First find the line with "(k j : String)" in the entries below, then set down exactly every line through the line with "unfolding arrive has_arrived", that line included.

Data excerpts →
● ● ● ● ●
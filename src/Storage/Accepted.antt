-- ===== src/Storage/Accepted.antt =====
-- The table accepted_messages of src/storage.rs: the ids of the messages that were taken, with the
-- time. Every statement is taken to succeed.
use ciphermesh.Prelude.{
  ℕ, String, Bool, false, not, ◌||◌, List, [], ◌∷◌, ◌≡◌, refl, ap, arith, same, string_ord,
}
use ciphermesh.BTree.{BTreeMap, or_insert, contains_key}
use ciphermesh.BTree.Laws.{contains_key-or_insert}

abbrev pub AcceptedTable : Type 0
AcceptedTable = BTreeMap String ℕ

-- The flag says whether the row was inserted, that is, whether the message is new.
unfoldable pub accept_message_once : String → ℕ → AcceptedTable → Bool × AcceptedTable
accept_message_once message_id now t = (not (contains_key message_id t), or_insert message_id now t)

-- Messages that arrive, each with the time
unfoldable pub arrive : List (String × ℕ) → AcceptedTable → AcceptedTable
unfolding accept_message_once
arrive [] t = t
arrive ((id, now) ∷ ms) t = arrive ms (accept_message_once id now t).1

unfoldable pub has_arrived : String → List (String × ℕ) → Bool
has_arrived id [] = false
has_arrived id ((j, _) ∷ ms) = same j id || has_arrived id ms

pub contains_key-accept :
    (k j : String) (now : ℕ) (t : AcceptedTable)
    → contains_key j (accept_message_once k now t).1 ≡ (same k j || contains_key j t)
unfolding accept_message_once
contains_key-accept k j now t = contains_key-or_insert k j now t

contains_key-arrive :
    (id : String) (ms : List (String × ℕ)) (t : AcceptedTable)
    → contains_key id (arrive ms t) ≡ (has_arrived id ms || contains_key id t)
unfolding arrive has_arrived
contains_key-arrive id [] t = refl
contains_key-arrive id ((j, now) ∷ ms) t = ground (
  arith,
  contains_key-arrive id ms (accept_message_once j now t).1,
  contains_key-accept j id now t,
)

-- After any messages have arrived, `accept_message_once` takes a message exactly if its id is
-- neither among theirs nor in the table at the start.
pub accepted_once :
    (id : String) (now : ℕ) (ms : List (String × ℕ)) (t : AcceptedTable)
    → (accept_message_once id now (arrive ms t)).0 ≡ not (has_arrived id ms || contains_key id t)
unfolding accept_message_once
accepted_once id now ms t = ap not (contains_key-arrive id ms t)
● ● ● ● ●
Exercise output →
    (k j : String) (now : ℕ) (t : AcceptedTable)
    → contains_key j (accept_message_once k now t).1 ≡ (same k j || contains_key j t)
unfolding accept_message_once
contains_key-accept k j now t = contains_key-or_insert k j now t

contains_key-arrive :
    (id : String) (ms : List (String × ℕ)) (t : AcceptedTable)
    → contains_key id (arrive ms t) ≡ (has_arrived id ms || contains_key id t)
unfolding arrive has_arrived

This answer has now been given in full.